Look for "Carries" in each line of the records, and copy the lines that have it.

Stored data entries

== Segment start ==

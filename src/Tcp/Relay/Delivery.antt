-- ===== src/Tcp/Relay/Delivery.antt =====
-- The loop from the local end of `on_read` of src/event/tcp.rs, start to end.
use tiny_port_mapper_rust.FdManager.{RawFd}
use tiny_port_mapper_rust.Kernel.{Kernel}
use tiny_port_mapper_rust.Tcp.Relay.{Relay, Round, next, leave, closing, bad, local_round, relay}
use tiny_port_mapper_rust.World.{stuck}
use tiny_port_mapper_rust.Tcp.Relay.Ends.{IsQuiet, relay_local-ne-stuck}
use tiny_port_mapper_rust.Tcp.Relay.Ledger.{Ledger, SendsAll}
use tiny_port_mapper_rust.Tcp.Relay.Stream.{Moved, Carries, relay-Carries}
use tiny_port_mapper_rust.Common.{ℕ, zero, suc, ◌<◌, ◌≡◌, refl, ap, ◌≢◌, false}

module _ (k : Kernel) where
  pub relay-ne-next :
      (fuel : ℕ) (round : Relay k → Round k) (r r' : Relay k) → relay k fuel round r ≢ next r'
  unfolding relay
  relay-ne-next zero round r r' = λ p. cc
  relay-ne-next (suc fuel) round r r' = go (round r) refl (λ s. relay-ne-next fuel round s r')
    where
      go :
          (x : Round k)
          → round r ≡ x
          → ((s : Relay k) → relay k fuel round s ≢ next r')
          → relay k (suc fuel) round r ≢ next r'
      go (next s) e rec = rw (e, relay) (rec s)
      go (leave s) e rec = rw (e, relay) (λ p. cc)
      go (closing s) e rec = rw (e, relay) (λ p. cc)
      go (bad f) e rec = rw (e, relay) (λ p. cc)

module _ (k : Kernel) (my_fd other_fd : RawFd) (l : Ledger k my_fd other_fd) where
  -- The loop was left or the connection closed, and what was taken was passed on.
  abbrev pub Delivered : Relay k → Round k → Type 0
  Delivered r (next r') = ⊥
  Delivered r (leave r') = Moved k my_fd other_fd l r r'
  Delivered r (closing r') = Moved k my_fd other_fd l r r'
  Delivered r (bad e) = ⊥

  Carries-Delivered :
      (r : Relay k) (x : Round k)
      → ((r' : Relay k) → x ≢ next r')
      → x ≢ bad stuck
      → Carries k my_fd other_fd l r x
      → Delivered r x
  Carries-Delivered r (next r') no_next no_stuck c = no_next r' refl
  Carries-Delivered r (leave r') no_next no_stuck c = c
  Carries-Delivered r (closing r') no_next no_stuck c = c
  Carries-Delivered r (bad e) no_next no_stuck c = no_stuck (ap bad c)

  -- For an established connection with an empty buffer, a socket that accepts all it is given, and
  -- more fuel than there are bytes to read: the loop of `on_read` from the local end comes to its
  -- end, without a read outside the buffer, and what was taken from the one socket is what was
  -- handed to the other, in order, with nothing left in the buffer.
  pub relay_local-Delivered :
      (q : IsQuiet k my_fd other_fd) (fuel : ℕ) (r : Relay k)
      → SendsAll k other_fd
      → r.remote.data_len ≡ 0
      → q.queued r.os < fuel
      → Delivered r (relay k fuel (local_round k false my_fd other_fd) r)
  relay_local-Delivered q fuel r whole empty enough =
      Carries-Delivered r (relay k fuel (local_round k false my_fd other_fd) r)
        (relay-ne-next k fuel (local_round k false my_fd other_fd) r)
        (relay_local-ne-stuck k my_fd other_fd q fuel false r enough)
        (relay-Carries k my_fd other_fd l fuel r whole empty)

== Segment end ==

### RESULT
use tiny_port_mapper_rust.Tcp.Relay.Stream.{Moved, Carries, relay-Carries}
  Carries-Delivered :
      → Carries k my_fd other_fd l r x
  Carries-Delivered r (next r') no_next no_stuck c = no_next r' refl
  Carries-Delivered r (leave r') no_next no_stuck c = c
  Carries-Delivered r (closing r') no_next no_stuck c = c
  Carries-Delivered r (bad e) no_next no_stuck c = no_stuck (ap bad c)
      Carries-Delivered r (relay k fuel (local_round k false my_fd other_fd) r)
        (relay-Carries k my_fd other_fd l fuel r whole empty)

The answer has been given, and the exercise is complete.